— Ваша милость безбоязненно может в этом замке располагаться. Правда, здесь тесно и неудобно, но нет на свете такой тесноты и таких неудобств, которые не расступились бы перед военным искусством и перед ученостью, особливо когда предводительницею и начальницею их является красота, предводительствующая вашею, сеньор, ученостью в лице этой прелестной девушки, пред которой не только воротам замка надлежит отворяться и распахиваться, дабы впустить ее, но и скалы должны распадаться, и раздвигаться, и рушиться горы. Входите же, ваша милость, в этот рай, где вы найдете и звезды, и солнца, способные быть спутниками того неба, которое милость ваша привезла с собою: тут найдете вы и военное искусство во всем его блеске, и красоту во всем ее великолепии.
Аудитор, пораженный его речами, стал внимательно его разглядывать, и наружность Дон Кихота поразила аудитора не меньше, чем его речи; и, не найдясь, что на них ответить, он снова поразился, как скоро увидел перед собою Лусинду, Доротею и Зораиду, которые, услышав новость, что прибыли новые гости, и узнав от хозяйки, что девушка — красотка, пошли поглядеть на нее и поздороваться с нею, но как раз в это время дон Фернандо, Карденьо и священник с чрезвычайным дружелюбием и отменною учтивостью стали предлагать аудитору свои услуги.
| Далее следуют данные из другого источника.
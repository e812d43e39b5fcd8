-- ===== src/Transform/Naming/Idempotent.antt =====
-- naming.rs: names that `dns_label` leaves alone, and pairs of names that it cannot tell apart.
use pangolin_gateway_api.Prelude.{
  ℕ, zero, suc, ◌-◌, ◌%◌, ◌^◌, ◌≤◌, ◌≡◌, refl, ap, ◌∙◌, Bool, true, false, ◌&&◌, [], ◌∷◌, ◌++◌, map,
  arith, leb, ◌==◌, if◌then◌else◌, Bool-cases, inl, inr, is_empty, length, take, All, All-take,
  Text, codes, to_hex, trim_end, trim_start,
}
use pangolin_gateway_api.Transform.Naming.{
  max_dns_label, clean, collapse_from, is_dash, base_label, hash_suffix, truncated, dns_label,
}
use pangolin_gateway_api.Transform.Naming.Label.{
  IsAlnum, IsLabelChar, StartsAlnum, EndsAlnum, IsDnsLabel, IsBase, IsSuffix, trim_end-StartsAlnum,
  trim_end-EndsAlnum, StartsAlnum-ne-nil, StartsAlnum-take, to_hex-IsAlnum, base_label-IsBase,
  hash_suffix-IsSuffix, dns_label-IsDnsLabel,
}

-- No two dashes side by side; the flag says that a dash stands in front.
abbrev pub HasSingleDashes : Bool → Text → Type 0
HasSingleDashes prev [] = Unit
HasSingleDashes prev (c ∷ s) = ((c == b'-' && prev) ≡ false) × HasSingleDashes (c == b'-') s

clean_of_label : (c : ℕ) → IsLabelChar c → clean c ≡ c
unfolding clean
clean_of_label c h = ground arith

map-clean_of_label : (s : Text) → All IsLabelChar s → map clean s ≡ s
map-clean_of_label [] h = refl
map-clean_of_label (c ∷ s) (p, h) = cc (clean_of_label c p, map-clean_of_label s h)

collapse_from_of_single :
    (prev : Bool) (s : Text) → HasSingleDashes prev s → collapse_from prev s ≡ s
unfolding collapse_from
collapse_from_of_single prev [] h = refl
collapse_from_of_single prev (c ∷ s) (p, h) =
    rw p (ap (◌∷◌ c) (collapse_from_of_single (c == b'-') s h))

trim_start_of_first : (s : Text) → StartsAlnum s → trim_start is_dash s ≡ s
trim_start_of_first [] h = refl
trim_start_of_first (c ∷ s) h = let e : is_dash c ≡ false = ground arith in rw e refl

trim_end_of_last : (s : Text) → EndsAlnum s → trim_end is_dash s ≡ s
trim_end_of_last [] h = refl
trim_end_of_last (c ∷ []) h = let e : is_dash c ≡ false = ground arith in rw e refl
trim_end_of_last (c ∷ d ∷ s) h = rw (trim_end_of_last (d ∷ s) h) refl

trimmed_fixed :
    (s : Text)
    → IsDnsLabel s
    → HasSingleDashes false s
    → trim_end is_dash (trim_start is_dash (collapse_from false (map clean s))) ≡ s
trimmed_fixed s l h =
    ap (λ t. trim_end is_dash (trim_start is_dash (collapse_from false t)))
      (map-clean_of_label s l.chars)
    ∙ ap (λ t. trim_end is_dash (trim_start is_dash t)) (collapse_from_of_single false s h)
    ∙ ap (trim_end is_dash) (trim_start_of_first s l.first)
    ∙ trim_end_of_last s l.last

base_label_fixed : (s : Text) → IsDnsLabel s → HasSingleDashes false s → base_label s ≡ s
unfolding base_label
base_label_fixed [] l h = absurd l.first
base_label_fixed (c ∷ s) l h =
    ap (λ t. if is_empty t then codes "pangolin" else t) (trimmed_fixed (c ∷ s) l h)

-- What `dns_label` returns for a base that fits.
pub dns_label_of_fits :
    (hash : Text → ℕ) (input : Text)
    → length (base_label input) ≤ max_dns_label
    → dns_label hash input ≡ base_label input
unfolding dns_label
dns_label_of_fits hash input h =
    let e : leb (length (base_label input)) max_dns_label ≡ true = ground arith in rw e

-- A DNS label with no two dashes in a row is its own name.
pub dns_label_fixed :
    (hash : Text → ℕ) (s : Text) → IsDnsLabel s → HasSingleDashes false s → dns_label hash s ≡ s
dns_label_fixed hash s l h =
    let e = base_label_fixed s l h in dns_label_of_fits hash s (rw e l.fits) ∙ e

collapse_from-HasSingleDashes :
    (prev : Bool) (s : Text) → HasSingleDashes prev (collapse_from prev s)
unfolding collapse_from
collapse_from-HasSingleDashes prev [] = tt
collapse_from-HasSingleDashes prev (c ∷ s) = elim (Bool-cases (c == b'-' && prev)) [
  | inl e ↦
      let dash : (c == b'-') ≡ true = ground arith in
      let same : prev ≡ true = ground arith in
      rw (e, same, dash) (rw dash at (collapse_from-HasSingleDashes (c == b'-') s))
  | inr e ↦ rw e (e, collapse_from-HasSingleDashes (c == b'-') s)
]

HasSingleDashes-weaken : (prev : Bool) (s : Text) → HasSingleDashes prev s → HasSingleDashes false s
HasSingleDashes-weaken prev [] h = tt
HasSingleDashes-weaken prev (c ∷ s) (p, h) = (ground arith, h)

trim_start-HasSingleDashes :
    (prev : Bool) (s : Text) → HasSingleDashes prev s → HasSingleDashes false (trim_start is_dash s)
trim_start-HasSingleDashes prev [] h = tt
trim_start-HasSingleDashes prev (c ∷ s) (p, h) = elim (Bool-cases (is_dash c)) [
  | inl e ↦ rw e (trim_start-HasSingleDashes (c == b'-') s h)
  | inr e ↦ rw e (ground arith, h)
]

trim_end-HasSingleDashes :
    (prev : Bool) (s : Text) → HasSingleDashes prev s → HasSingleDashes prev (trim_end is_dash s)
trim_end-HasSingleDashes prev [] h = tt
trim_end-HasSingleDashes prev (c ∷ s) (p, h) =
    elim (Bool-cases (is_empty (trim_end is_dash s) && is_dash c)) [
      | inl e ↦ rw e tt
      | inr e ↦ rw e (p, trim_end-HasSingleDashes (c == b'-') s h)
    ]

take-HasSingleDashes :
    (prev : Bool) (n : ℕ) (s : Text) → HasSingleDashes prev s → HasSingleDashes prev (take n s)
take-HasSingleDashes prev zero s h = tt
take-HasSingleDashes prev (suc n) [] h = tt
take-HasSingleDashes prev (suc n) (c ∷ s) (p, h) = (p, take-HasSingleDashes (c == b'-') n s h)

HasSingleDashes-append :
    (prev : Bool) (s t : Text)
    → HasSingleDashes prev s
    → EndsAlnum s
    → HasSingleDashes false t
    → HasSingleDashes prev (s ++ t)
HasSingleDashes-append prev [] t h last k = absurd last
HasSingleDashes-append prev (c ∷ []) t (p, h) last k =
    let e : (c == b'-') ≡ false = ground arith in (p, rw e k)
HasSingleDashes-append prev (c ∷ d ∷ s) t (p, h) last k =
    (p, HasSingleDashes-append (c == b'-') (d ∷ s) t h last k)

HasSingleDashes-of_alnum : (prev : Bool) (s : Text) → All IsAlnum s → HasSingleDashes prev s
HasSingleDashes-of_alnum prev [] h = tt
HasSingleDashes-of_alnum prev (c ∷ s) (p, h) =
    (ground arith, HasSingleDashes-of_alnum (c == b'-') s h)

hash_suffix-HasSingleDashes :
    (hash : Text → ℕ) (input : Text) → HasSingleDashes false (hash_suffix hash input)
unfolding hash_suffix
hash_suffix-HasSingleDashes hash input =
    let n = hash input % 2 ^ 32 in
    (refl, HasSingleDashes-of_alnum true (to_hex n) (to_hex-IsAlnum n))

default-HasSingleDashes :
    (t : Text)
    → HasSingleDashes false t
    → HasSingleDashes false (if is_empty t then codes "pangolin" else t)
default-HasSingleDashes [] h = ground arith
default-HasSingleDashes (c ∷ t) h = h

base_label-HasSingleDashes : (input : Text) → HasSingleDashes false (base_label input)
unfolding base_label
base_label-HasSingleDashes input =
    let collapsed = collapse_from false (map clean input) in
    default-HasSingleDashes (trim_end is_dash (trim_start is_dash collapsed)) (
      trim_end-HasSingleDashes false (trim_start is_dash collapsed) (
        trim_start-HasSingleDashes false collapsed
          (collapse_from-HasSingleDashes false (map clean input))))

truncated-HasSingleDashes :
    (base suffix : Text)
    → IsBase base
    → IsSuffix suffix
    → HasSingleDashes false base
    → HasSingleDashes false suffix
    → HasSingleDashes false (truncated base suffix)
unfolding truncated
truncated-HasSingleDashes base suffix b t h k =
    let room = max_dns_label - length suffix in
    let head = take room base in
    let single = trim_end-HasSingleDashes false head (take-HasSingleDashes false room base h) in
    let first =
      trim_end-StartsAlnum head (StartsAlnum-take room base (omega (arith, t.fits)) b.first) in
    elim (trim_end-EndsAlnum head (All-take IsLabelChar room base b.chars)) [
      | inl e ↦ absurd (StartsAlnum-ne-nil (trim_end is_dash head) first e)
      | inr last ↦ HasSingleDashes-append false (trim_end is_dash head) suffix single last k
    ]

pub dns_label-HasSingleDashes :
    (hash : Text → ℕ) (input : Text) → HasSingleDashes false (dns_label hash input)
unfolding dns_label
dns_label-HasSingleDashes hash input =
    let base = base_label input in
    let h = base_label-HasSingleDashes input in
    elim (Bool-cases (leb (length base) max_dns_label)) [
      | inl short ↦ rw short h
      | inr long ↦ rw long (
          truncated-HasSingleDashes base (hash_suffix hash input) (base_label-IsBase input)
            (hash_suffix-IsSuffix hash input) h (hash_suffix-HasSingleDashes hash input))
    ]

-- Naming a name again changes nothing, whatever the two hash functions are.
pub dns_label_idempotent :
    (hash other : Text → ℕ) (input : Text)
    → dns_label other (dns_label hash input) ≡ dns_label hash input
dns_label_idempotent hash other input =
    dns_label_fixed other (dns_label hash input) (dns_label-IsDnsLabel hash input)
      (dns_label-HasSingleDashes hash input)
Наконец сеньор аудитор, в полном недоумении от всего виденного и слышанного, вошел, и тут прелестные обитательницы постоялого двора обратились к прелестной девушке с приветствием. Как бы то ни было, аудитору не могло не броситься в глаза, что все это люди знатные, однако облик и наружность Дон Кихота, а также его манера держаться сбивали аудитора с толку. Обменявшись любезностями и осмотрев помещение, присутствовавшие порешили так, как уже было решено прежде, а именно — что женщины переночуют в уже упоминавшейся комнате для постояльцев, а мужчины, как бы для охраны, останутся в сенях. Словом, аудитор позволил своей дочери, — надобно заметить, что молодая девушка была его дочь, — ночевать в одной комнате с другими женщинами, чем доставил ей большое удовольствие, и, объединив часть узкого ложа, предоставленного хозяином, с половиной постельных принадлежностей аудитора, женщины устроились на ночь, лучше чем могли предполагать.
У пленника при виде судьи сильно забилось сердце, ибо смутное предчувствие говорило ему, что это его брат, и он спросил одного из сопровождавших аудитора слуг, кто он таков и откуда родом. Слуга ответил, что это лиценциат Хуан Перес де Вьедма и что родился он, кажется, в горах Леона. Это известие в дополнение к тому, что он видел своими глазами, окончательно убедило пленника, что это его брат, тот самый, который по совету отца пошел по ученой части; и, охваченный радостным волнением, отозвал он дона Фернандо, Карденьо и священника в сторону и, сообщив им эту новость, уверил, что аудитор его родной брат. Слуга рассказал ему также, что его господин получил назначение в Америку, в мексиканскую судебную палату; еще пленник узнал, что девушка эта — дочь судьи, а что жена его умерла от родов, оставив ему дочь и богатейшее приданое. Пленник спросил, как ему быть: назвать себя сей же час или лучше выведать исподволь, устыдится его брат, когда увидит, что он так беден, или же примет его с распростертыми объятиями.
— Поручите это испытание мне, — сказал священник, — тем более что я не допускаю мысли, сеньор капитан, чтобы он вас неласково встретил: весь облик вашего брата дышит таким благородством и умом, что его никак нельзя заподозрить ни в спесивости, ни в черствости, ни в нежелании принимать в соображение превратности судьбы.
— Со всем тем, — заметил капитан, — мне бы хотелось не вдруг, а как-нибудь обиняками дать ему знать, кто я таков.
— Повторяю, — объявил священник, — я устрою так, что все мы останемся довольны.
Тем временем подали ужинать, и все сели за стол, кроме пленника, а также дам, ужинавших отдельно в своей комнате. За ужином священник сказал:
— С такой же фамилией, как у вашей милости, сеньор аудитор, был у меня один приятель в Константинополе, где я несколько лет пробыл в плену. Приятеля этого почитали за одного из самых отважных солдат и военачальников во всей испанской пехоте, но он был столь же доблестен и смел, сколь и несчастен.
— А как звали этого военачальника, государь мой? — спросил судья.